Keywords: HIV-1 dual infection, HIV-1 coinfection, HIV-1 superinfection, coreceptor tropism, coreceptor usage, ultradeep pyrosequencing, next-generation sequencing, genotypic tropism prediction, genotypic coreceptor usage prediction
Human immunodeficiency virus type 1 (HIV-1) dual infection (DI) is manifested as ≥2 distinct viral subpopulations within the same host. DI cases can be divided into coinfection, that is, acquisition of at least 2 strains from different source partners simultaneously or within a brief period of time, and superinfection, that is, acquisition of a second strain after an immune response to the first infection has been established [1]. DI has been associated with increased viral load, faster decline in CD4+ T cells, and shorter time to AIDS diagnosis [2]. Similarly, infection with CXCR4 (X4) coreceptor-using virus has been linked to decreased CD4+ T-cell counts [3] and accelerated disease progression [4]. Although a strong preference for viral variants using the CCR5 (R5) coreceptor is displayed during HIV-1 transmission, the use of the alternative X4 coreceptor emerges in approximately half of individuals over the course of disease [5].
Ultradeep pyrosequencing (UDS) is a useful technique for increasing the sensitivity of HIV-1 coreceptor usage prediction [6] and for uncovering cases of DI [2]. This study exploits UDS and computational analyses to quantify the impact of DI on coreceptor usage in a large primary infection cohort of men who have sex with men (MSM).
METHODS
Study Participants and Clinical Data
This study included MSM enrolled in the San Diego Primary Infection Cohort between January 1998 and January 2007, who deferred antiretroviral therapy (ART) for at least 6 months after their estimated date of infection (EDI) and had at least 2 blood plasma samples available for UDS, one of which was collected within 3 years of EDI. At all time points, CD4 cell counts (LabCorp), and blood plasma HIV-1 RNA levels (Amplicor HIV-1 Monitor Test, Roche Molecular Systems, Inc) were quantified. EDI was calculated using baseline measurements following an established protocol [7].
Sequencing and Dual Infection Screening
HIV-1 RNA was isolated from blood plasma (QIAamp Viral RNA Mini Kit, Qiagen, Hilden, Germany), complementary DNA (cDNA) generated (RETROscript Kit, Applied Biosystems/Ambion, Austin, TX), and UDS (454 GS FLX Titanium Roche, Branford, CT) of env, gag, and pol was performed as described elsewhere [2]. For each sample, the cDNA template input was calculated assuming 43% reverse transcription efficiency and was expressed as the number of templates (log10) for the first round of nested polymerase chain reaction (PCR).
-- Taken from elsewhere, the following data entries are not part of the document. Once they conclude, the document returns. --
-- ===== src/Engine/Storage.antt =====
-- src/buffers.c: the storage for generated code.
use dbrew.Prelude.{ℕ, ◌+◌, ◌-◌, ◌%◌, Option, none, some, ltb, leb, if◌then◌else◌, ◌>>◌, assert}

-- `CodeStorage`; `buf` is the address that the operating system has mapped.
pub record CodeStorage : Type 0 where
  pub size : ℕ
  pub fullsize : ℕ
  pub buf : ℕ
  pub used : ℕ

-- The size is rounded up to whole pages by clearing the low 12 bits. `buf` is what `mmap` returns.
unfoldable pub init_code_storage : ℕ → ℕ → CodeStorage
init_code_storage size buf = record {
  size = size;
  fullsize = size + 4095 - (size + 4095) % 4096;
  buf = buf;
  used = 0;
}

-- The address of the free part, or none if the program exits because there is not enough of it.
unfoldable pub reserve_code_storage : CodeStorage → ℕ → Option ℕ
reserve_code_storage cs size =
    if ltb cs.fullsize (cs.used + size) then none else some (cs.buf + cs.used)

unfoldable pub use_code_storage : CodeStorage → ℕ → Option (ℕ × CodeStorage)
use_code_storage cs size = do
  assert (leb (cs.used + size) cs.fullsize)
  some (cs.buf + cs.used, record cs { used = cs.used + size })
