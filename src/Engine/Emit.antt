-- ===== src/Engine/Emit.antt =====
-- src/generate.c: `generate` with its effects, the bytes of a captured block in the code storage.
use dbrew.Prelude.{ℕ, ◌+◌, Option, none, some, List, [], ◌∷◌, ltb, ◌>>=◌, ◌>>◌, assert, length}
use dbrew.Prelude.{get_elem?, set}
use dbrew.Memory.{Memory, write}
use dbrew.Instr.Types.{Operand, Instr}
use dbrew.Capture.InstrLaws.{instrs_in}
use dbrew.Capture.Types.{em_generator, ErrorType, et_unsupported_instr, et_unsupported_operands}
use dbrew.Capture.Types.{Error, set_error, Cbb, RContext}
use dbrew.Generate.Single.{not_supported, generated}
use dbrew.Generate.Block.{one, unsupported_instr, gen_one}
use dbrew.Engine.Storage.{CodeStorage, reserve_code_storage, use_code_storage}

-- The stores of a generator to its buffer.
unfoldable pub write_bytes : Memory → ℕ → List ℕ → Memory
write_bytes m a [] = m
write_bytes m a (b ∷ bs) = write_bytes (write m a b) (a + 1) bs

-- The storage and the memory behind the instructions of a block with the bytes used for them, or an
-- error.
pub data Emission : Type 0 where
  emitted : CodeStorage → Memory → ℕ → Emission
  refused : ErrorType → Memory → Emission

-- The loop over the instructions, with `used` bytes so far. What an instruction that is refused has
-- stored behind the code before it is not kept.
unfoldable pub emit_from : Operand → List Instr → CodeStorage → Memory → ℕ → Option Emission
unfolding reserve_code_storage use_code_storage
emit_from junk [] cs m used = some (emitted cs m used)
emit_from junk (i ∷ rest) cs m used = do
  buf ← reserve_code_storage cs 15
  g ← gen_one junk i
  elim g [
    | unsupported_instr ↦ some (refused et_unsupported_instr m)
    | one not_supported ↦ some (refused et_unsupported_operands m)
    | one (generated bytes) ↦ do
      assert (ltb (length bytes) 15)
      (_, cs1) ← use_code_storage cs (length bytes)
      emit_from junk rest cs1 (write_bytes m buf bytes) (used + length bytes)
  ]

-- The members of `Rewriter` that the code generation works on, with the memory. `gen_order` has its
-- counted entries.
pub record GenState : Type 0 where
  pub context : RContext
  pub cs : CodeStorage
  pub gen_order : List ℕ
  pub memory : Memory
  pub generated_code_addr : ℕ
  pub generated_code_size : ℕ

-- The block at a position gets a new value.
unfoldable pub put_bb : GenState → ℕ → Cbb → GenState
put_bb g bb cbb = record g { context = record g.context { cap_bb = set g.context.cap_bb bb cbb } }

-- `generate` on the block at position `bb`, with its error if there is one. `addr` and `len` of its
-- instructions, which only the printer reads, are left out; `addr1` is then the start of the free
-- part for a block without instructions too.
unfoldable pub generate_block : GenState → ℕ → Option (Option Error × GenState)
unfolding emit_from instrs_in put_bb
generate_block g bb = do
  cbb ← get_elem? g.context.cap_bb bb
  buf0 ← reserve_code_storage g.cs 0
  r ← emit_from g.context.junk.dst (instrs_in g.context.cap_instr cbb) g.cs g.memory 0
  some (elim r [
    | refused et m ↦ (
      some (set_error et em_generator),
      put_bb (record g { memory = m }) bb (record cbb { size = none }),
    )
    | emitted cs m used ↦ (
      none,
      put_bb (record g { cs = cs; memory = m }) bb (record cbb { size = some used; addr1 = buf0 }),
    )
  ])
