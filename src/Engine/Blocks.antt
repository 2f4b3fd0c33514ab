-- ===== src/Engine/Blocks.antt =====
-- include/priv/common.h and src/engine.c: the captured blocks as the code generation sees them.
use dbrew.Prelude.{ℕ, ◌+◌, ◌-◌, ◌%◌, ◌^◌, Bool, ◌||◌, Option, none, some, ltb}
use dbrew.Emulate.FlagBits.{diff}
use dbrew.Instr.Mnemonics.{InstrType, it_jo, it_jno, it_jc, it_jnc, it_jz, it_jnz, it_jbe}
use dbrew.Instr.Mnemonics.{it_ja, it_js, it_jns, it_jp, it_jnp, it_jl, it_jge, it_jle, it_jg}

-- The members of `CBB` that the last two passes use. The blocks stand in a list in the order of
-- `genOrder`, and a pointer to a block is its position there, or none for null.
pub record GenCbb : Type 0 where
  pub count : ℕ
  pub end_type : InstrType
  pub next_branch : Option ℕ
  pub next_fall_through : Option ℕ
  pub size : ℕ
  pub addr1 : ℕ
  pub addr2 : ℕ
  pub gen_jcc8 : Bool
  pub gen_jump : Bool

-- `int diff = a - b` of two addresses, as a 32-bit pattern.
unfoldable pub diff32 : ℕ → ℕ → ℕ
diff32 a b = (a + 2 ^ 64 - b) % 2 ^ 64 % 2 ^ 32

-- `(diff > -lo) && (diff < hi)`.
unfoldable pub between : ℕ → ℕ → ℕ → Bool
between lo hi diff = ltb diff hi || ltb (2 ^ 32 - lo) diff

-- The condition code of a conditional jump: the offset of its opcode from 70 and 0F 80.
unfoldable pub jcc_code : InstrType → Option ℕ
jcc_code it_jo = some 0
jcc_code it_jno = some 1
jcc_code it_jc = some 2
jcc_code it_jnc = some 3
jcc_code it_jz = some 4
jcc_code it_jnz = some 5
jcc_code it_jbe = some 6
jcc_code it_ja = some 7
jcc_code it_js = some 8
jcc_code it_jns = some 9
jcc_code it_jp = some 10
jcc_code it_jnp = some 11
jcc_code it_jl = some 12
jcc_code it_jge = some 13
jcc_code it_jle = some 14
jcc_code it_jg = some 15
jcc_code _ = none
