-- ===== src/Engine/Place.antt =====
-- src/engine.c, pass 2: the final address of each block, and the form of its jumps.
use dbrew.Prelude.{ℕ, ◌+◌, true, Option, some, List, [], ◌∷◌, ltb, leb, ◌!=◌, if◌then◌else◌}
use dbrew.Prelude.{◌>>=◌, ◌>>◌, assert, get_elem?}
use dbrew.Decode.Context.{next}
use dbrew.Instr.Copy.{instr_is_jcc}
use dbrew.Engine.Blocks.{GenCbb, diff32, between}
use dbrew.Memory.{Memory, copy}

-- The copy of a block with its assertions.
unfoldable pub move_block : GenCbb → ℕ → Memory → Option Memory
move_block cbb buf1 m =
    if ltb 0 cbb.size
    then (do
      assert (ltb 0 cbb.count)
      assert (leb buf1 cbb.addr1)
      some (copy cbb.size buf1 cbb.addr1 m))
    else some m

-- The jumps behind a block that ends with a conditional jump; `next` is the position of the block
-- that follows in `genOrder`. There is none behind the last block, where C has stored a null.
unfoldable pub choose_jumps : List GenCbb → ℕ → GenCbb → Option GenCbb
choose_jumps all next cbb =
    if instr_is_jcc cbb.end_type
    then (do
      b ← cbb.next_branch
      target ← get_elem? all b
      let diff = diff32 target.addr1 (cbb.addr1 + cbb.size)
      let cbb1 = if between 120 120 diff then record cbb { gen_jcc8 = true } else cbb
      f ← cbb.next_fall_through
      some (if f != next then record cbb1 { gen_jump = true } else cbb1))
    else some cbb

-- The bytes of these jumps.
unfoldable pub jump_bytes : GenCbb → ℕ
jump_bytes cbb =
    if instr_is_jcc cbb.end_type
    then (if cbb.gen_jcc8 then 2 else 6) + (if cbb.gen_jump then 5 else 0)
    else 0

-- The loop: the blocks from position `i` on are placed from `buf1` on. `all` is the whole list, of
-- which `addr1` is read, and this pass does not change that.
unfoldable pub place :
    List GenCbb → List GenCbb → ℕ → ℕ → Memory → Option (List GenCbb × ℕ × Memory)
place all [] i buf1 m = some ([], buf1, m)
place all (cbb ∷ cbbs) i buf1 m = do
  m1 ← move_block cbb buf1 m
  cbb1 ← choose_jumps all (i + 1) (record cbb { addr2 = buf1 })
  (rest, end, m2) ← place all cbbs (i + 1) (buf1 + cbb.size + jump_bytes cbb1) m1
  some (cbb1 ∷ rest, end, m2)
Average efficiency was validated by quantifying the input cDNA for 19 random samples from the total sample pool with real-time quantitative PCR (qPCR) and comparing these results with the HIV RNA viral load measurements (data not shown) [8]. UDS data were interrogated for DI with a previously published bioinformatics pipeline [2]. Notably, UDS can detect circulating minority variants as low as 0.25% of the population, and recent studies have found even lower limits of detection [9].
Genotypic Coreceptor Usage Prediction
Coreceptor usage was predicted using an online prediction tool, geno2pheno 454 [6], for all samples containing the V3 env region. Based on the sensitivity of UDS, samples were conservatively classified as bearing X4-capable virus when geno2pheno predicted >1% of the viral population as X4 variants. Based on optimization studies by other groups [10, 11], a geno2pheno false positive rate (FPR) level of 5% was selected. Prediction agreement with phenotypic coreceptor usage was in line with previous studies [12].
Statistical Analyses
Fisher exact test was applied to detect associations between categorical data. Spearman rank correlation analysis was used to test for association between continuous variables. The differences in continuous variables (age, blood HIV RNA level, and CD4 cell count) between categories were evaluated with the Mann-Whitney test. For all statistical tests, a 2-tailed P value ≤ .05 was considered statistically significant.
RESULTS
Study Cohort
HIV-infected participants (n = 102) were predominantly white (82%) men with a median age of 31 years (interquartile range [IQR], 25.3–37 years) who reported sex with other men as their main risk factor for HIV transmission. At the first sampled time point, the median CD4+ T-cell count was 509 cells/mL (IQR, 412–708 cells/mL), the median time of baseline sample from EDI was 85 days (IQR, 45–85 days), and the median blood plasma level of HIV-1 was 4.76 HIV-1 RNA log10 copies/mL (IQR, 4.27–5.24 log10 copies/mL). The median calculated cDNA input in the first-round nested PCR was 3.42 log10 copies/10 µL (IQR: 3.13–3.90 log10 copies), and the median number of UDS reads passing quality filters was 4450 (IQR, 1911–8722). Based on analysis of UDS data, 16 cases of DI (11 coinfections and 5 superinfections) were identified and investigated further.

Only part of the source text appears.